Letters to the Editor: A higher malpractice ‘pain and suffering’ cap will push out California doctors

 A trauma patient is rushed into the emergency room at Harbor-UCLA Medical Center.
A trauma patient is rushed into the emergency room at Harbor-UCLA Medical Center.
(Los Angeles Times)

To the editor: With all due respect to columnist George Skelton, who calls for increasing California’s medical malpractice cap, there simply is no reliable way to calculate the monetary value of “pain and suffering” that victims of malpractice experience.

Non-economic damages were rightfully limited in 1975 legislation signed by then-Gov. Jerry Brown during a time when California was suffering a shortage of physicians, particularly those in such “high-risk” specialties as anesthesiology, neurosurgery, obstetrics and thoracic and cardiovascular surgery.

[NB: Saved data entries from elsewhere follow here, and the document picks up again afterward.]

-- ===== src/Pdu/Decode/FieldBounds.antt =====
-- The field decoders of pdu_decoder.c end, and what they write is bounded.
use esp32c3_sms_gateway.Prelude.{
  ℕ, zero, suc, ◌+◌, ◌*◌, ◌/◌, ◌≤◌, ◌≡◌, refl, arith, List, [], ◌∷◌, bit_or, length, length-append,
  if◌then◌else◌, ltb, ◌==◌,
}
use esp32c3_sms_gateway.Prelude.Bits.{◌<<<◌}
use esp32c3_sms_gateway.Prelude.Result.{Ensures, Ensures-bind, Ensures-read_any, Ensures-if}
use esp32c3_sms_gateway.Pdu.Address.{put_char, put_semi_octets, number_loop, parse_phone_number}
use esp32c3_sms_gateway.Pdu.Timestamp.{two_chars, format_timestamp, parse_timestamp}
use esp32c3_sms_gateway.Pdu.Text.{utf8_unit, ucs2_loop, gsm7_septet, gsm7_loop}
use esp32c3_sms_gateway.Pdu.Text.Utf8.{length-utf8_unit}
use esp32c3_sms_gateway.Pdu.Decode.{copy_bytes}

put_char-le : (out : List ℕ) (c : ℕ) → length out ≤ 19 → length (put_char out c) ≤ 19
unfolding put_char
put_char-le out c h = ground (arith, length-append out (c ∷ []))

put_semi_octets-le : (out : List ℕ) (b : ℕ) → length out ≤ 19 → length (put_semi_octets out b) ≤ 19
unfolding put_semi_octets
put_semi_octets-le out b h = grind (arith, put_char-le)

abbrev pub FitsSender : List ℕ → Type 0
FitsSender out = length out ≤ 19

pub number_loop-Ensures :
    (buf : List ℕ) (left idx : ℕ) (out : List ℕ)
    → length out ≤ 19
    → Ensures FitsSender (number_loop buf left idx out)
unfolding number_loop
number_loop-Ensures buf zero idx out h = h
number_loop-Ensures buf (suc left) idx out h = Ensures-read_any FitsSender buf idx _ (λ b.
    number_loop-Ensures buf left (idx + 1) (put_semi_octets out b) (put_semi_octets-le out b h))

abbrev pub SenderFits : List ℕ × ℕ → Type 0
SenderFits r = length r.0 ≤ 19

pub parse_phone_number-Ensures :
    (buf : List ℕ) (start : ℕ) → Ensures SenderFits (parse_phone_number buf start)
unfolding parse_phone_number
parse_phone_number-Ensures buf start = Ensures-read_any SenderFits buf start _ λ num_len.
    Ensures-if SenderFits (num_len == 0) _ _ (λ _. omega arith)
      λ _. Ensures-read_any SenderFits buf (start + 1) _ λ toa.
        Ensures-bind FitsSender SenderFits (number_loop buf ((num_len + 1) / 2) (start + 2) _) _
          (number_loop-Ensures buf ((num_len + 1) / 2) (start + 2) _ (prefix_fits toa)) λ out h. h
  where
    prefix_fits : (toa : ℕ) → length {A = ℕ} (if toa == 0x91 then b'+' ∷ [] else []) ≤ 19
    prefix_fits toa = ground arith

abbrev pub StampFits : List ℕ × ℕ → Type 0
StampFits r = length r.0 ≤ 31

pub parse_timestamp-Ensures :
    (buf : List ℕ) (start : ℕ) → Ensures StampFits (parse_timestamp buf start)
unfolding parse_timestamp format_timestamp two_chars
parse_timestamp-Ensures buf start = Ensures-read_any StampFits buf start _ λ year.
    Ensures-read_any StampFits buf (start + 1) _ λ month.
      Ensures-read_any StampFits buf (start + 2) _ λ day.
        Ensures-read_any StampFits buf (start + 3) _ λ hour.
          Ensures-read_any StampFits buf (start + 4) _ λ minute.
            Ensures-read_any StampFits buf (start + 5) _
              λ second. Ensures-read_any StampFits buf (start + 6) _ λ zone. omega arith

pub ucs2_loop-Ensures :
    (buf : List ℕ) (left i : ℕ) → Ensures (λ t. length t ≤ 3 * left) (ucs2_loop buf left i)
unfolding ucs2_loop
ucs2_loop-Ensures buf zero i = omega arith
ucs2_loop-Ensures buf (suc left) i = Ensures-read_any _ buf i _ λ hi.
    Ensures-read_any _ buf (i + 1) _ λ lo.
      Ensures-bind (λ t. length t ≤ 3 * left) _ (ucs2_loop buf left (i + 2)) _
        (ucs2_loop-Ensures buf left (i + 2))
        λ rest h. omega (
          arith,
          length-append (utf8_unit (bit_or (hi <<< 8) lo)) rest,
          length-utf8_unit (bit_or (hi <<< 8) lo),
        )

gsm7_septet-Ensures : (buf : List ℕ) (at bit : ℕ) → Ensures (λ c. Unit {0}) (gsm7_septet buf at bit)
unfolding gsm7_septet
gsm7_septet-Ensures buf at bit = Ensures-read_any _ buf at _ λ here.
    Ensures-if _ (ltb 1 bit) _ _ (λ _. Ensures-read_any _ buf (at + 1) _ λ next. tt) (λ _. tt)

pub gsm7_loop-Ensures :
    (buf : List ℕ) (left at bit : ℕ) → Ensures (λ t. length t ≡ left) (gsm7_loop buf left at bit)
unfolding gsm7_loop
gsm7_loop-Ensures buf zero at bit = refl
gsm7_loop-Ensures buf (suc left) at bit =
    Ensures-bind (λ c. Unit {0}) _ (gsm7_septet buf at bit) _ (gsm7_septet-Ensures buf at bit)
      λ c _.
        Ensures-bind (λ t. length t ≡ left) _ (gsm7_loop buf left _ _) _
          (gsm7_loop-Ensures buf left _ _) λ rest h. omega arith

pub copy_bytes-Ensures :
    (buf : List ℕ) (left i : ℕ) → Ensures (λ t. length t ≡ left) (copy_bytes buf left i)
unfolding copy_bytes
copy_bytes-Ensures buf zero i = refl
copy_bytes-Ensures buf (suc left) i = Ensures-read_any _ buf i _ λ b.
    Ensures-bind (λ t. length t ≡ left) _ (copy_bytes buf left (i + 1)) _
      (copy_bytes-Ensures buf left (i + 1)) λ rest h. omega arith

If the trial lawyers succeed in raising the malpractice cap through their second initiative in six years, I predict that health insurance premiums for all not only will rise greatly, but “defensive medicine” and the retirement of older physicians will accelerate while shortages of younger physicians in certain key specialties will reappear.

California no longer is a haven for younger doctors, who are faced with the same constraints as other Californians when it comes to housing costs. As an added burden, most are also paying off huge medical school loans. Voters next year will need to carefully consider whether they are willing to tolerate a physician exodus to Nevada (which has a $350,000 limit) or Texas ($250,000).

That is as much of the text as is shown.